• **Assignment**
The result should be every line in the data below that carries the string "front".

• **Data provided**
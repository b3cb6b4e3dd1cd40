-- ===== src/Text/Lines.antt =====
-- `split` at a character and `join` by one, and `replace` of a character by a text.
use agentq.Prelude.{ℕ, ◌≡◌, ◌≢◌, refl, List, [], ◌∷◌, ◌++◌, arith, ◌==◌, if◌then◌else◌, All}

abbrev pub Lacks : ℕ → List ℕ → Type 0
Lacks b = All (λ c. c ≢ b)

cons_first : ℕ → List (List ℕ) → List (List ℕ)
cons_first c [] = (c ∷ []) ∷ []
cons_first c (l ∷ ls) = (c ∷ l) ∷ ls

-- `s.split(sep)`: one part more than there are separators.
unfoldable pub split : ℕ → List ℕ → List (List ℕ)
unfolding cons_first
split sep [] = [] ∷ []
split sep (c ∷ s) = let rest = split sep s in if c == sep then [] ∷ rest else cons_first c rest

-- `lines.join(sep)`
unfoldable pub join : ℕ → List (List ℕ) → List ℕ
join sep [] = []
join sep (l ∷ []) = l
join sep (l ∷ k ∷ ls) = l ++ sep ∷ join sep (k ∷ ls)

-- `s.replace(c, w)`
unfoldable pub replace : ℕ → List ℕ → List ℕ → List ℕ
replace c w [] = []
replace c w (d ∷ s) = let rest = replace c w s in if d == c then w ++ rest else d ∷ rest

split-Lacks : (sep : ℕ) (l : List ℕ) → Lacks sep l → split sep l ≡ l ∷ []
unfolding split
split-Lacks sep [] h = refl
split-Lacks sep (c ∷ l) h = ground (arith, split-Lacks sep l h.1)

split-append :
    (sep : ℕ) (l rest : List ℕ) → Lacks sep l → split sep (l ++ sep ∷ rest) ≡ l ∷ split sep rest
unfolding split
split-append sep [] rest h = ground arith
split-append sep (c ∷ l) rest h = ground (arith, split-append sep l rest h.1)

-- Splitting a join gives the parts back, if there is a part and none holds the separator.
pub split-join :
    (sep : ℕ) (l : List ℕ) (ls : List (List ℕ))
    → All (Lacks sep) (l ∷ ls)
    → split sep (join sep (l ∷ ls)) ≡ l ∷ ls
unfolding join
split-join sep l [] h = split-Lacks sep l h.0
split-join sep l (k ∷ ls) h =
    rw (split-append sep l (join sep (k ∷ ls)) h.0, split-join sep k ls h.1)
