-- ===== src/Engine/Key.antt =====
-- src/engine.rs: the key of an attempt's job, `format!("{workflow_id}:{step_index}:{attempt}")`.
use agentq.Prelude.{ℕ, ◌+◌, ◌≡◌, ◌≢◌, refl, sym, ap, ◌∙◌, List, [], ◌∷◌, ◌++◌, some, arith, All}
use agentq.Text.{Text}
use agentq.Text.Decimal.{decimal, IsDigit, decimal-IsDigit, parse_uint, parse_uint-decimal}
use agentq.Text.Lines.{Lacks}

unfoldable pub job_key : Text → ℕ → ℕ → Text
unfolding decimal
job_key workflow_id step_index attempt =
    (workflow_id ++ b':' ∷ decimal step_index) ++ b':' ∷ decimal attempt

some-injective : {A : Type 0} {a b : A} → some a ≡ some b → a ≡ b
some-injective h = cc

decimal-injective : (m n : ℕ) → decimal m ≡ decimal n → m ≡ n
decimal-injective m n e = some-injective (
    sym (parse_uint-decimal (m + n) m (omega arith))
    ∙ ap (parse_uint (m + n)) e
    ∙ parse_uint-decimal (m + n) n (omega arith))

Lacks-IsDigit : (s : List ℕ) → All IsDigit s → Lacks b':' s
Lacks-IsDigit [] h = tt
Lacks-IsDigit (c ∷ s) h = (λ e. omega arith, Lacks-IsDigit s h.1)

Lacks-decimal : (n : ℕ) → Lacks b':' (decimal n)
Lacks-decimal n = Lacks-IsDigit (decimal n) (decimal-IsDigit n)

Lacks-ne : (c : ℕ) (ds ys es : List ℕ) → Lacks c ds → ds ≢ ys ++ c ∷ es
Lacks-ne c [] [] es h e = cc
Lacks-ne c [] (y ∷ ys) es h e = cc
Lacks-ne c (d ∷ ds) [] es h e = h.0 (ground arith)
Lacks-ne c (d ∷ ds) (y ∷ ys) es h e = Lacks-ne c ds ys es h.1 (ground arith)

-- The last separator cuts a text in one way.
cut :
    (c : ℕ) (xs ys ds es : List ℕ)
    → Lacks c ds
    → Lacks c es
    → xs ++ c ∷ ds ≡ ys ++ c ∷ es
    → (xs ≡ ys) × (ds ≡ es)
cut c [] [] ds es h k e = (refl, ground arith)
cut c [] (y ∷ ys) ds es h k e = absurd (Lacks-ne c ds ys es h (ground arith))
cut c (x ∷ xs) [] ds es h k e = absurd (Lacks-ne c es xs ds k (ground arith))
cut c (x ∷ xs) (y ∷ ys) ds es h k e =
    let rest : xs ++ c ∷ ds ≡ ys ++ c ∷ es = ground arith in
    let (xs_eq, ds_eq) = cut c xs ys ds es h k rest in (ground arith, ds_eq)

-- The job keys of two attempts are equal only if the workflow, the step and the attempt are, also
-- when a workflow's id holds colons.
pub job_key-injective :
    (w w' : Text) (i i' a a' : ℕ)
    → job_key w i a ≡ job_key w' i' a'
    → (w ≡ w') × (i ≡ i') × (a ≡ a')
unfolding job_key
job_key-injective w w' i i' a a' e =
    let (front, a_eq) =
      cut b':' (w ++ b':' ∷ decimal i) (w' ++ b':' ∷ decimal i') (decimal a) (decimal a')
        (Lacks-decimal a) (Lacks-decimal a') e in
    let (w_eq, i_eq) =
      cut b':' w w' (decimal i) (decimal i') (Lacks-decimal i) (Lacks-decimal i') front in
    (w_eq, decimal-injective i i' i_eq, decimal-injective a a' a_eq)
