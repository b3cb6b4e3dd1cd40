-- ===== src/Engine/Step.antt =====
-- src/engine.rs: `run_step` and `await_job_renewing_lease`.

use agentq.Prelude.{
  ℕ, ◌+◌, ◌%◌, ◌^◌, List, [], ◌∷◌, ◌++◌, Option, none, some, Result, ok, err, if◌then◌else◌, ltb,
}
use agentq.Text.{Text, codes}
use agentq.Event.{
  Event, step_started, step_completed, step_failed, retry_scheduled, step_waiting, workflow_failed,
  ClaimResult, claimed, already_completed, held_by_other, already_waiting,
}
use agentq.Job.{Job, Func, Outcome, PushError}
use agentq.Workflow.{StepDef, Duration}
use agentq.Store.{DurableStore, backend}
use agentq.Engine.Replay.{workflow_is_cancelled}
use agentq.Engine.Backoff.{backoff_duration}
use agentq.Engine.Reasons.{parse_waiting_reason, parse_non_retryable_reason}
use agentq.Engine.Key.{job_key}
use agentq.Engine.State.{
  WorkflowEngine, EngineError, StepOutcome, Accepted, queued, in_flight, cached, Ready, handle,
  deadline, renewal, Wake, Turn, returned, blocked, Async, pure, fail, ◌>>=◌, ◌>>◌, call_store,
  yield_to,
}

-- `Debug` of the step's timeout is not modelled: the text is an argument of the wait.
abbrev pub timed_out : Text → Outcome
timed_out shown = Outcome.failed (codes "step timed out after " ++ shown)

-- `attempt + 1` on `u32`, wrapping as in a release build.
abbrev pub next_attempt : ℕ → ℕ
next_attempt attempt = (attempt + 1) % 2 ^ 32

module _ {S : Type 0} (ds : DurableStore S) (show : Duration → Text) (engine : WorkflowEngine)
    (workflow_id : Text) (step_index : ℕ) where
  unfoldable pub append : Event → Async S (Unit {0})
  unfolding call_store
  append event = call_store (ds.append_event event)

  -- A failed renewal is only logged.
  unfoldable pub renew : Async S (Unit {0})
  renew w =
      let r = ds.renew_lease workflow_id step_index engine.worker_id engine.lease_ttl w.shared.db in
      (returned tt, record w { shared = record w.shared { db = r.1 } })

  -- The `select!` of one wake, in its biased order; the deadline is there with a timeout only.
  unfoldable pub on_ready : Option Duration → Ready → Async S Outcome → Async S Outcome
  unfolding renew
  on_ready timeout (handle (ok outcome)) again = pure outcome
  on_ready timeout (handle (err e)) again = fail (EngineError.job_lost e)
  on_ready (some limit) deadline again = pure (timed_out (show limit))
  on_ready none deadline again = again
  on_ready timeout renewal again = do renew; again

  unfoldable pub await_job_renewing_lease : Option Duration → List (Wake S) → Async S Outcome
  unfolding yield_to on_ready
  await_job_renewing_lease timeout [] w = (blocked, w)
  await_job_renewing_lease timeout (wake ∷ wakes) w =
      (do
        yield_to wake.others
        on_ready timeout wake.ready (await_job_renewing_lease timeout wakes))
        w

  unfoldable pub after_sleep : (ℕ → Async S StepOutcome) → ℕ → List Event → Async S StepOutcome
  unfolding workflow_is_cancelled
  after_sleep again attempt events =
      if workflow_is_cancelled events then pure StepOutcome.waiting else again attempt

  -- The next attempt, after the sleep that follows the failed one.
  unfoldable pub retry : StepDef → Turn S → (ℕ → Async S StepOutcome) → ℕ → Async S StepOutcome
  unfolding append yield_to call_store after_sleep backoff_duration
  retry step turn again attempt = do
    append (retry_scheduled workflow_id step_index (next_attempt attempt))
    yield_to (turn.during_sleep (backoff_duration step.retry_policy attempt))
    events ← call_store (ds.load_events workflow_id)
    after_sleep again (next_attempt attempt) events

  unfoldable pub give_up : Text → Async S StepOutcome
  unfolding append
  give_up reason = do
    append (workflow_failed workflow_id reason)
    fail (EngineError.workflow_failed reason)

  -- What follows the wait for a job's outcome; `again` is the next round of the loop.
  unfoldable pub on_failed :
      StepDef
      → Turn S
      → (ℕ → Async S StepOutcome)
      → ℕ
      → Text
      → Option Text
      → Option Text
      → Async S StepOutcome
  unfolding append retry give_up
  on_failed step turn again attempt reason (some wait_reason) _ = do
    append (step_waiting workflow_id step_index wait_reason)
    pure StepOutcome.waiting
  on_failed step turn again attempt reason none (some stripped) = do
    append (step_failed workflow_id step_index stripped)
    append (workflow_failed workflow_id stripped)
    fail (EngineError.workflow_failed stripped)
  on_failed step turn again attempt reason none none = do
    append (step_failed workflow_id step_index reason)
    if ltb (next_attempt attempt) step.retry_policy.max_attempts
        then retry step turn again attempt
        else give_up reason

  unfoldable pub on_outcome :
      StepDef → Turn S → (ℕ → Async S StepOutcome) → ℕ → Outcome → Async S StepOutcome
  unfolding append on_failed
  on_outcome step turn again attempt (Outcome.completed output) = do
    append (step_completed workflow_id step_index output)
    pure StepOutcome.completed
  on_outcome step turn again attempt (Outcome.failed reason) =
      on_failed step turn again attempt reason (parse_waiting_reason reason)
        (parse_non_retryable_reason reason)

  unfoldable pub wait_for : StepDef → Turn S → (ℕ → Async S StepOutcome) → ℕ → Async S StepOutcome
  unfolding on_outcome
  wait_for step turn again attempt = do
    outcome ← await_job_renewing_lease step.timeout turn.wakes
    on_outcome step turn again attempt outcome

  unfoldable pub on_pushed :
      StepDef
      → Turn S
      → (ℕ → Async S StepOutcome)
      → ℕ
      → Result PushError Accepted
      → Async S StepOutcome
  unfolding append wait_for
  on_pushed step turn again attempt (ok queued) = wait_for step turn again attempt
  on_pushed step turn again attempt (ok in_flight) = wait_for step turn again attempt
  on_pushed step turn again attempt (ok (cached output)) = do
    append (step_completed workflow_id step_index output)
    pure StepOutcome.completed
  on_pushed step turn again attempt (err e) = fail (EngineError.push e)

  -- `self.queue.push(job).await`, with the turn that answers it.
  unfoldable pub push : Job → Turn S → List (Turn S) → Async S (Result PushError Accepted)
  push job turn turns w = (
    returned turn.answer,
    record w { shared = turn.during_push w.shared; pushed = w.pushed ++ job ∷ []; turns = turns },
  )

  unfoldable pub attempt_job : Func → ℕ → Job
  unfolding job_key
  attempt_job body attempt = record {
    key = job_key workflow_id step_index attempt;
    priority = engine.priority;
    func = body;
  }

  -- From the push on: without a turn the push is not answered.
  unfoldable pub from_push :
      StepDef → Func → List (Turn S) → (ℕ → Async S StepOutcome) → ℕ → Async S StepOutcome
  unfolding push on_pushed attempt_job
  from_push step body [] again attempt =
      λ w. (blocked, record w { pushed = w.pushed ++ attempt_job body attempt ∷ [] })
  from_push step body (turn ∷ turns) again attempt = do
    answer ← push (attempt_job body attempt) turn turns
    on_pushed step turn again attempt answer

  unfoldable pub on_claim : ClaimResult → Async S StepOutcome → Async S StepOutcome
  on_claim (already_completed output) started = pure StepOutcome.completed
  on_claim held_by_other started =
      fail (EngineError.store (backend (codes "step is held by another worker")))
  on_claim already_waiting started = pure StepOutcome.waiting
  on_claim claimed started = started

  -- One round of the loop of `run_step`.
  unfoldable pub run_round :
      StepDef → Func → List (Turn S) → (ℕ → Async S StepOutcome) → ℕ → Async S StepOutcome
  unfolding call_store append from_push on_claim
  run_round step body turns again attempt = do
    claim ← call_store (ds.claim_step workflow_id step_index engine.worker_id engine.lease_ttl)
    on_claim claim (do
      append (step_started workflow_id step_index attempt)
      from_push step body turns again attempt)

  unfoldable pub run_loop : StepDef → Func → List (Turn S) → ℕ → Async S StepOutcome
  unfolding run_round
  run_loop step body [] attempt = run_round step body [] (λ a w. (blocked, w)) attempt
  run_loop step body (turn ∷ turns) attempt =
      run_round step body (turn ∷ turns) (run_loop step body turns) attempt

  unfoldable pub run_step : StepDef → Func → ℕ → Async S StepOutcome
  unfolding run_loop
  run_step step body start_attempt w = run_loop step body w.turns start_attempt w
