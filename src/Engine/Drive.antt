-- ===== src/Engine/Drive.antt =====
-- src/engine.rs and src/recovery.rs: the methods of `WorkflowEngine` and `recover`.
use agentq.Prelude.{
  ℕ, zero, suc, ◌+◌, ◌-◌, List, [], ◌∷◌, Option, none, some, Result, ok, err, if◌then◌else◌, ◌==◌,
  length, get_elem?,
}
use agentq.Text.{Text, codes}
use agentq.Event.{
  Event, workflow_started, step_resumed, workflow_completed, workflow_cancelled, worker_recovered,
}
use agentq.Job.{Func}
use agentq.Workflow.{StepDef, Duration, Workflow, StepStatus, Execution}
use agentq.Store.{DurableStore, StoreError, not_found, backend}
use agentq.Engine.Replay.{
  workflow_is_cancelled, workflow_has_terminal_event, step_status_from_events,
  current_attempt_from_events, input_from_events,
}
use agentq.Engine.State.{
  WorkflowEngine, EngineError, StepOutcome, RunningWorkflow, World, Reply, returned, failed,
  panicked, blocked, Async, pure, fail, ◌>>=◌, ◌>>◌, call_store, get_mounted, mount,
  drop_from_in_flight,
}
use agentq.Engine.Step.{run_step}

abbrev pub backend_error : Text → EngineError
backend_error msg = EngineError.store (backend msg)

module _ {S : Type 0} (ds : DurableStore S) (show : Duration → Text) (engine : WorkflowEngine) where
  unfoldable pub append : Event → Async S (Unit {0})
  unfolding call_store
  append event = call_store (ds.append_event event)

  unfoldable pub load : Text → Async S (List Event)
  unfolding call_store
  load workflow_id = call_store (ds.load_events workflow_id)

  unfoldable pub register_workflow : Workflow → List Func → Async S (Unit {0})
  unfolding mount
  register_workflow workflow bodies =
      if length bodies == length workflow.steps
      then mount workflow.id (record { steps = workflow.steps; bodies = bodies })
      else fail (backend_error (codes "step body count does not match workflow definition"))

  unfoldable pub running_or_not_found : Option RunningWorkflow → Async S RunningWorkflow
  running_or_not_found none = fail (EngineError.store not_found)
  running_or_not_found (some running) = pure running

  -- `mounted_steps_and_bodies`
  unfoldable pub mounted : Text → Async S RunningWorkflow
  unfolding get_mounted running_or_not_found
  mounted workflow_id = do found ← get_mounted workflow_id; running_or_not_found found

  -- The last block of `drive_from`, under the lock `terminal_write`.
  unfoldable pub complete : Text → Async S (Unit {0})
  unfolding append load workflow_has_terminal_event
  complete workflow_id = do
    events ← load workflow_id
    if workflow_has_terminal_event events then pure tt else append (workflow_completed workflow_id)

  -- `match self.run_step(..).await`: a step that failed un-registers its workflow.
  unfoldable pub by_reply :
      Text → (StepOutcome → Async S (Unit {0})) → Reply StepOutcome → Async S (Unit {0})
  unfolding drop_from_in_flight
  by_reply workflow_id next (returned outcome) = next outcome
  by_reply workflow_id next (failed e) = do drop_from_in_flight workflow_id; fail e
  by_reply workflow_id next panicked = λ w. (panicked, w)
  by_reply workflow_id next blocked = λ w. (blocked, w)

  unfoldable pub run_then :
      Text → ℕ → StepDef → Func → ℕ → (StepOutcome → Async S (Unit {0})) → Async S (Unit {0})
  unfolding run_step by_reply
  run_then workflow_id step_index step body attempt next w =
      let r = run_step ds show engine workflow_id step_index step body attempt w in
      by_reply workflow_id next r.0 r.1

  unfoldable pub or_wait : Async S (Unit {0}) → StepOutcome → Async S (Unit {0})
  or_wait next StepOutcome.completed = next
  or_wait next StepOutcome.waiting = pure tt

  -- `&steps[step_index]` and `bodies[step_index]`
  unfoldable pub indexed :
      Option StepDef → Option Func → (StepDef → Func → Async S (Unit {0})) → Async S (Unit {0})
  indexed (some step) (some body) run = run step body
  indexed _ _ run = λ w. (panicked, w)

  -- The rounds left of `for step_index in start_index..steps.len()`, and what follows the loop.
  unfoldable pub drive_loop : ℕ → Text → RunningWorkflow → ℕ → Async S (Unit {0})
  unfolding load workflow_is_cancelled complete drop_from_in_flight run_then or_wait indexed
  drive_loop zero workflow_id running step_index = do
    complete workflow_id
    drop_from_in_flight workflow_id
  drive_loop (suc rounds) workflow_id running step_index =
      let rest = drive_loop rounds workflow_id running (suc step_index) in
      do
        events ← load workflow_id
        if workflow_is_cancelled events
            then pure tt
            else indexed (get_elem? running.steps step_index) (get_elem? running.bodies step_index)
                (λ step body. run_then workflow_id step_index step body 0 (or_wait rest))

  unfoldable pub drive_from : Text → RunningWorkflow → ℕ → Async S (Unit {0})
  unfolding drive_loop
  drive_from workflow_id running start_index =
      drive_loop (length running.steps - start_index) workflow_id running start_index

  unfoldable pub run : Workflow → List Func → Async S (Unit {0})
  unfolding register_workflow append mounted drive_from
  run workflow bodies = do
    register_workflow workflow bodies
    append (workflow_started workflow.id)
    running ← mounted workflow.id
    drive_from workflow.id running 0

  unfoldable pub cancel : Text → Text → Async S (Unit {0})
  unfolding load append workflow_has_terminal_event drop_from_in_flight
  cancel workflow_id reason = do
    events ← load workflow_id
    if workflow_has_terminal_event events
        then pure tt
        else append (workflow_cancelled workflow_id reason) >> drop_from_in_flight workflow_id

  -- What `resume` and the re-admission do behind a completed step.
  unfoldable pub drive_rest : Text → ℕ → Async S (Unit {0})
  unfolding mounted drive_from
  drive_rest workflow_id step_index = do
    running ← mounted workflow_id
    drive_from workflow_id running (step_index + 1)

  -- `resume` behind its checks of the log, with the step and its body, if there is such a step.
  unfoldable pub resume_at :
      Text → ℕ → Text → List Event → Option StepDef → Option Func → Async S (Unit {0})
  unfolding append run_then or_wait drive_rest current_attempt_from_events
  resume_at workflow_id step_index input events (some step) (some body) = do
    append (step_resumed workflow_id step_index input)
    run_then workflow_id step_index step body (current_attempt_from_events events step_index)
        (or_wait (drive_rest workflow_id step_index))
  resume_at workflow_id step_index input events (some step) none = λ w. (panicked, w)
  resume_at workflow_id step_index input events none _ = fail (EngineError.store not_found)

  unfoldable pub resume_waiting : Text → ℕ → Text → List Event → StepStatus → Async S (Unit {0})
  unfolding mounted resume_at
  resume_waiting workflow_id step_index input events (StepStatus.waiting _) = do
    running ← mounted workflow_id
    resume_at workflow_id step_index input events (get_elem? running.steps step_index)
        (get_elem? running.bodies step_index)
  resume_waiting workflow_id step_index input events _ =
      fail (backend_error (codes "step is not waiting"))

  unfoldable pub resume : Text → ℕ → Text → Async S (Unit {0})
  unfolding load workflow_is_cancelled step_status_from_events resume_waiting
  resume workflow_id step_index input = do
    events ← load workflow_id
    if workflow_is_cancelled events
        then fail (backend_error (codes "workflow is cancelled"))
        else resume_waiting workflow_id step_index input events
            (step_status_from_events events step_index)

  input_of : ℕ → Result StoreError (List Event) → Option Text
  unfolding input_from_events
  input_of step_index (ok events) = input_from_events events step_index
  input_of step_index (err e) = none

  unfoldable pub resume_input : Text → ℕ → World S → Option Text
  unfolding input_of
  resume_input workflow_id step_index w =
      input_of step_index (ds.load_events workflow_id w.shared.db).0

  unfoldable pub readmit_at : Text → ℕ → ℕ → Option StepDef → Option Func → Async S (Unit {0})
  unfolding run_then or_wait drive_rest
  readmit_at workflow_id step_index attempt (some step) (some body) =
      run_then workflow_id step_index step body attempt
        (or_wait (drive_rest workflow_id step_index))
  readmit_at workflow_id step_index attempt (some step) none = λ w. (panicked, w)
  readmit_at workflow_id step_index attempt none _ = pure tt

  unfoldable pub readmit_mounted : Text → ℕ → ℕ → Option RunningWorkflow → Async S (Unit {0})
  unfolding readmit_at
  readmit_mounted workflow_id step_index attempt none = pure tt
  readmit_mounted workflow_id step_index attempt (some running) =
      readmit_at workflow_id step_index attempt (get_elem? running.steps step_index)
        (get_elem? running.bodies step_index)

  unfoldable pub readmit_after_worker_recovery : Text → ℕ → ℕ → Async S (Unit {0})
  unfolding append get_mounted readmit_mounted
  readmit_after_worker_recovery workflow_id step_index attempt = do
    append (worker_recovered workflow_id step_index)
    found ← get_mounted workflow_id
    readmit_mounted workflow_id step_index attempt found

  unfoldable pub recover_all : List Execution → ℕ → Async S ℕ
  unfolding readmit_after_worker_recovery
  recover_all [] recovered = pure recovered
  recover_all (exec ∷ execs) recovered = do
    readmit_after_worker_recovery exec.workflow_id exec.step_index exec.attempt
    recover_all execs (recovered + 1)

  unfoldable pub recover : Async S ℕ
  unfolding call_store recover_all
  recover = do expired ← call_store ds.expired_leases; recover_all expired 0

• **Solution to this problem**
    let (front, a_eq) =
      cut b':' w w' (decimal i) (decimal i') (Lacks-decimal i) (Lacks-decimal i') front in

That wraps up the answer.